This bland solution, however, failed to account for Cobb's arrogant personality. If Ty was going down he would take baseball with him. He threatened a suit. He threatened to reveal other skulduggery. "I could say a few things about fake turnstile counts and juggled ticket-counting practices by major league owners," he said later. Baseball was frightened of the courts. Its reserve clause was always open to legal challenge. The evidence against the players was good, but it might not stand up in court. There wasn't much Landis could do. On Jan. 27, 1927 he capitulated.
"These players had not been, nor are they now, found guilty of fixing a ball game," Landis announced. "By no decent system of justice could such a finding be made. Therefore, they were not placed on the ineligible list."

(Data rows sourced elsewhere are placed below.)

-- ===== src/Storage/Validation/Columns.antt =====
-- src/storage/validation/columns.rs
pub mod Accepts
use dirbase.Prelude.{
  String, Bool, true, false, Option, none, some, List, [], ◌∷◌, str_eq, if◌then◌else◌,
}
use dirbase.BTreeMap.{BTreeMap}
use dirbase.Error.{AppError, app_error, bad_request, Result, ok, err, ◌>>◌}
use dirbase.Json.{is_null}
use dirbase.Runtime.{Runtime, Value}
use dirbase.Schema.Types.{ColumnSchema, DeclaredTableSchema}
use dirbase.Storage.Validation.Scalars.{value_matches_type}
use dirbase.Storage.Validation.Constraints.{validate_column_constraints}

-- The texts of the errors, for a column and for a column and a constraint.
pub record Messages : Type 0 where
  pub missing_message : String → String
  pub null_message : String → String
  pub type_message : String → String
  pub enum_message : String → String
  pub constraint_message : String → String → String

constraint_result : Messages → String → Result (Unit {0}) String → Result (Unit {0}) AppError
constraint_result messages name (ok u) = ok tt
constraint_result messages name (err constraint) = err (
    app_error bad_request (
      if str_eq constraint "enum"
      then messages.enum_message name
      else messages.constraint_message name constraint))

module _ ⦃rt : Runtime⦄ where
  present_column : Messages → String → ColumnSchema → Value → Result (Unit {0}) AppError
  present_column messages name column value =
      if is_null value
      then (if column.nullable
          then ok tt
          else err (app_error bad_request (messages.null_message name)))
      else if value_matches_type value column.column_type
      then constraint_result messages name (validate_column_constraints value column)
      else err (app_error bad_request (messages.type_message name))

  -- One round of the loop over the columns.
  unfoldable pub validate_column :
      Messages → String → ColumnSchema → Option Value → Result (Unit {0}) AppError
  unfolding constraint_result present_column
  validate_column messages name column none =
      if column.nullable then ok tt else err (app_error bad_request (messages.missing_message name))
  validate_column messages name column (some value) = present_column messages name column value

  unfoldable pub validate_columns :
      Messages → (String → Option Value) → BTreeMap ColumnSchema → Result (Unit {0}) AppError
  validate_columns messages lookup [] = ok tt
  validate_columns messages lookup ((name, column) ∷ columns) = do
    validate_column messages name column (lookup name)
    validate_columns messages lookup columns

  abbrev pub validate_declared_columns :
      Messages → (String → Option Value) → DeclaredTableSchema → Result (Unit {0}) AppError
  validate_declared_columns messages lookup table = validate_columns messages lookup table.columns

In his autobiography Cobb wrote later: "I'll reveal something here never before told. That famous Landis 'verdict' was dictated to him by attorneys representing Speaker and myself." Whatever its authorship, the verdict made it possible for Cobb to play baseball with the Philadelphia Athletics in 1927 for $70,000. Speaker went with the Washington Senators. Cobb played two years and was joined by Speaker in Philly in 1928. Cobb hit .357 and .323 those last two years. Speaker finished with .327 and .267. No matter what is said about Cobb and Speaker no one will ever say they couldn't hit.